- **WORK TO BE COMPLETED**: Having read the records, set them all down exactly as they appear.

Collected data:
-- Opening Marker --
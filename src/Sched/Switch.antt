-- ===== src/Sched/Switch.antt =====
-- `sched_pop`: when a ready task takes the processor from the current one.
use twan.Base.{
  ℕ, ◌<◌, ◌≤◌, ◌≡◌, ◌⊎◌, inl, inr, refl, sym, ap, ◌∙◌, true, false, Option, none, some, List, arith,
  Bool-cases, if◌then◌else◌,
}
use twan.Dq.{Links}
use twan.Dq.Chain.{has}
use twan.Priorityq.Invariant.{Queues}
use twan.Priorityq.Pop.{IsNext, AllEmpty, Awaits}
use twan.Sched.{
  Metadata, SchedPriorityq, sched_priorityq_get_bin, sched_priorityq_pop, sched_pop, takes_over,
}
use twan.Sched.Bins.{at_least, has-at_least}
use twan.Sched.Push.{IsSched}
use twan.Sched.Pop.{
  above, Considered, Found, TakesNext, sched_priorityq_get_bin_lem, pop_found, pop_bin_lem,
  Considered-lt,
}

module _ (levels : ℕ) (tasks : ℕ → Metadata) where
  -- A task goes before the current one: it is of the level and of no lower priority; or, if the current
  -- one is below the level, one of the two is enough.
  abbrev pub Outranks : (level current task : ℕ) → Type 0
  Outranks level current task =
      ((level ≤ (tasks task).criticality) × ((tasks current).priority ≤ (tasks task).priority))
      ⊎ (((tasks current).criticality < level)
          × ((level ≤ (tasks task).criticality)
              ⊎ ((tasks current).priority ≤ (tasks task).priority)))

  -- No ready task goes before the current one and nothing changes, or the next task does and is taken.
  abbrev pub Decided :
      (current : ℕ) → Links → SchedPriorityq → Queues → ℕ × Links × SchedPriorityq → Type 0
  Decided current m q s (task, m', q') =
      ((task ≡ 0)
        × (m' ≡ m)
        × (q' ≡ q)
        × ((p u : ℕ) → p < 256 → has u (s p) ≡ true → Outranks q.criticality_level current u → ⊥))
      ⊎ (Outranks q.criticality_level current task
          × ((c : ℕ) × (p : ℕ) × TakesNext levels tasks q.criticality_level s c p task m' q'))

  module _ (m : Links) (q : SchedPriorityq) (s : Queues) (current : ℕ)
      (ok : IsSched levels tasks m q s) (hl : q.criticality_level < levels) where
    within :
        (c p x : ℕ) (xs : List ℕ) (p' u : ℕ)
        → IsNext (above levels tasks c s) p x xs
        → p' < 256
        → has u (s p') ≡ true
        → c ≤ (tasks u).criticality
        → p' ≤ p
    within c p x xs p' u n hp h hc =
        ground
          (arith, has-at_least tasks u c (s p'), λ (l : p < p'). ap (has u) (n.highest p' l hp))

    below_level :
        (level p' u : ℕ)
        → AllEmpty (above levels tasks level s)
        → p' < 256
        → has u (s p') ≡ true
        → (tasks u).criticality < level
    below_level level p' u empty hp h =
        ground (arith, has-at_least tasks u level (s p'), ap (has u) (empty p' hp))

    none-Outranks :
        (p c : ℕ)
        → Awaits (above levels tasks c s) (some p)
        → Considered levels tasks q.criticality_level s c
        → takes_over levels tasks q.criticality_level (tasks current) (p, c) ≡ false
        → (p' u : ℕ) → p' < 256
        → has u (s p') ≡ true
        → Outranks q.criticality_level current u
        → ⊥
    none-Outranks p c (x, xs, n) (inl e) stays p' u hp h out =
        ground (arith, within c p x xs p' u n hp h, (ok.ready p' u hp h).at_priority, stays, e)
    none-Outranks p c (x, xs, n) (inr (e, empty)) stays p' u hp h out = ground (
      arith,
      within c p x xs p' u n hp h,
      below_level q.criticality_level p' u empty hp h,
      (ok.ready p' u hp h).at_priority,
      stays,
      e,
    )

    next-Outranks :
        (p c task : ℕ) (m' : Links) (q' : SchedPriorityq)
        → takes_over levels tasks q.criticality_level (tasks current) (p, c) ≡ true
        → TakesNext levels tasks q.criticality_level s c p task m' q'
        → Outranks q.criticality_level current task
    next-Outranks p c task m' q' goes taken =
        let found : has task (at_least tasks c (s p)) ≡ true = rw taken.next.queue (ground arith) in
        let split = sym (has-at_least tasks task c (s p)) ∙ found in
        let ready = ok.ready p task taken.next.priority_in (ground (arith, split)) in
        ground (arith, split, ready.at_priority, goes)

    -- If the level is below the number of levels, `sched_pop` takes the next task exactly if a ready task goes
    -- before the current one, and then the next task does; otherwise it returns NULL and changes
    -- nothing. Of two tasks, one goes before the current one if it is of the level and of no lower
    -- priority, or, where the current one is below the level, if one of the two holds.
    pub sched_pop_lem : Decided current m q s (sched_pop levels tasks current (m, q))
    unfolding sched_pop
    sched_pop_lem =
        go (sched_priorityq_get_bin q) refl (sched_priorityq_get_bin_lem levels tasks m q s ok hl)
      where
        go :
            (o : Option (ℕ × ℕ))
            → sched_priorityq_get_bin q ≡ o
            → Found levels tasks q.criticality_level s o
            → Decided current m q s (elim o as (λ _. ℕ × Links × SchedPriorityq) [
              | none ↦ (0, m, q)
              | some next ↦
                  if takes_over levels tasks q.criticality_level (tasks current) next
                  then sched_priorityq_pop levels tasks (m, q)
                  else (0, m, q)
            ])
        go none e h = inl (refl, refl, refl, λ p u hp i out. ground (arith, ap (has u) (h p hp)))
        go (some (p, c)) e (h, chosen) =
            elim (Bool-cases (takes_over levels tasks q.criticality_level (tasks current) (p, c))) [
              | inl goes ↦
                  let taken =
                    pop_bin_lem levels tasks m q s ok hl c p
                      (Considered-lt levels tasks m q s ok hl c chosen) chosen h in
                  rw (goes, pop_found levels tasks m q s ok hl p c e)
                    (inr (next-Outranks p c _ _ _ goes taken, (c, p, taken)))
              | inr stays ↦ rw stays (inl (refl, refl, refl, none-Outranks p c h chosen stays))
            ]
-- Closing Marker --
- **REPLY TO THE EXERCISE**:
filename src/Sched/Switch.antt
-- ===== src/Sched/Switch.antt =====
-- `sched_pop`: when a ready task takes the processor from the current one.
use twan.Base.{
  ℕ, ◌<◌, ◌≤◌, ◌≡◌, ◌⊎◌, inl, inr, refl, sym, ap, ◌∙◌, true, false, Option, none, some, List, arith,
  Bool-cases, if◌then◌else◌,
}
use twan.Dq.{Links}
use twan.Dq.Chain.{has}
use twan.Priorityq.Invariant.{Queues}
use twan.Priorityq.Pop.{IsNext, AllEmpty, Awaits}
use twan.Sched.{
  Metadata, SchedPriorityq, sched_priorityq_get_bin, sched_priorityq_pop, sched_pop, takes_over,
}
use twan.Sched.Bins.{at_least, has-at_least}
use twan.Sched.Push.{IsSched}
use twan.Sched.Pop.{
  above, Considered, Found, TakesNext, sched_priorityq_get_bin_lem, pop_found, pop_bin_lem,
  Considered-lt,
}

module _ (levels : ℕ) (tasks : ℕ → Metadata) where
  -- A task goes before the current one: it is of the level and of no lower priority; or, if the current
  -- one is below the level, one of the two is enough.
  abbrev pub Outranks : (level current task : ℕ) → Type 0
  Outranks level current task =
      ((level ≤ (tasks task).criticality) × ((tasks current).priority ≤ (tasks task).priority))
      ⊎ (((tasks current).criticality < level)
          × ((level ≤ (tasks task).criticality)
              ⊎ ((tasks current).priority ≤ (tasks task).priority)))

  -- No ready task goes before the current one and nothing changes, or the next task does and is taken.
  abbrev pub Decided :
      (current : ℕ) → Links → SchedPriorityq → Queues → ℕ × Links × SchedPriorityq → Type 0
  Decided current m q s (task, m', q') =
      ((task ≡ 0)
        × (m' ≡ m)
        × (q' ≡ q)
        × ((p u : ℕ) → p < 256 → has u (s p) ≡ true → Outranks q.criticality_level current u → ⊥))
      ⊎ (Outranks q.criticality_level current task
          × ((c : ℕ) × (p : ℕ) × TakesNext levels tasks q.criticality_level s c p task m' q'))

  module _ (m : Links) (q : SchedPriorityq) (s : Queues) (current : ℕ)
      (ok : IsSched levels tasks m q s) (hl : q.criticality_level < levels) where
    within :
        (c p x : ℕ) (xs : List ℕ) (p' u : ℕ)
        → IsNext (above levels tasks c s) p x xs
        → p' < 256
        → has u (s p') ≡ true
        → c ≤ (tasks u).criticality
        → p' ≤ p
    within c p x xs p' u n hp h hc =
        ground
          (arith, has-at_least tasks u c (s p'), λ (l : p < p'). ap (has u) (n.highest p' l hp))

    below_level :
        (level p' u : ℕ)
        → AllEmpty (above levels tasks level s)
        → p' < 256
        → has u (s p') ≡ true
        → (tasks u).criticality < level
    below_level level p' u empty hp h =
        ground (arith, has-at_least tasks u level (s p'), ap (has u) (empty p' hp))

    none-Outranks :
        (p c : ℕ)
        → Awaits (above levels tasks c s) (some p)
        → Considered levels tasks q.criticality_level s c
        → takes_over levels tasks q.criticality_level (tasks current) (p, c) ≡ false
        → (p' u : ℕ) → p' < 256
        → has u (s p') ≡ true
        → Outranks q.criticality_level current u
        → ⊥
    none-Outranks p c (x, xs, n) (inl e) stays p' u hp h out =
        ground (arith, within c p x xs p' u n hp h, (ok.ready p' u hp h).at_priority, stays, e)
    none-Outranks p c (x, xs, n) (inr (e, empty)) stays p' u hp h out = ground (
      arith,
      within c p x xs p' u n hp h,
      below_level q.criticality_level p' u empty hp h,
      (ok.ready p' u hp h).at_priority,
      stays,
      e,
    )

    next-Outranks :
        (p c task : ℕ) (m' : Links) (q' : SchedPriorityq)
        → takes_over levels tasks q.criticality_level (tasks current) (p, c) ≡ true
        → TakesNext levels tasks q.criticality_level s c p task m' q'
        → Outranks q.criticality_level current task
    next-Outranks p c task m' q' goes taken =
        let found : has task (at_least tasks c (s p)) ≡ true = rw taken.next.queue (ground arith) in
        let split = sym (has-at_least tasks task c (s p)) ∙ found in
        let ready = ok.ready p task taken.next.priority_in (ground (arith, split)) in
        ground (arith, split, ready.at_priority, goes)

    -- If the level is below the number of levels, `sched_pop` takes the next task exactly if a ready task goes
    -- before the current one, and then the next task does; otherwise it returns NULL and changes
    -- nothing. Of two tasks, one goes before the current one if it is of the level and of no lower
    -- priority, or, where the current one is below the level, if one of the two holds.
    pub sched_pop_lem : Decided current m q s (sched_pop levels tasks current (m, q))
    unfolding sched_pop
    sched_pop_lem =
        go (sched_priorityq_get_bin q) refl (sched_priorityq_get_bin_lem levels tasks m q s ok hl)
      where
        go :
            (o : Option (ℕ × ℕ))
            → sched_priorityq_get_bin q ≡ o
            → Found levels tasks q.criticality_level s o
            → Decided current m q s (elim o as (λ _. ℕ × Links × SchedPriorityq) [
              | none ↦ (0, m, q)
              | some next ↦
                  if takes_over levels tasks q.criticality_level (tasks current) next
                  then sched_priorityq_pop levels tasks (m, q)
                  else (0, m, q)
            ])
        go none e h = inl (refl, refl, refl, λ p u hp i out. ground (arith, ap (has u) (h p hp)))
        go (some (p, c)) e (h, chosen) =
            elim (Bool-cases (takes_over levels tasks q.criticality_level (tasks current) (p, c))) [
              | inl goes ↦
                  let taken =
                    pop_bin_lem levels tasks m q s ok hl c p
                      (Considered-lt levels tasks m q s ok hl c chosen) chosen h in
                  rw (goes, pop_found levels tasks m q s ok hl p c e)
                    (inr (next-Outranks p c _ _ _ goes taken, (c, p, taken)))
              | inr stays ↦ rw stays (inl (refl, refl, refl, none-Outranks p c h chosen stays))
            ]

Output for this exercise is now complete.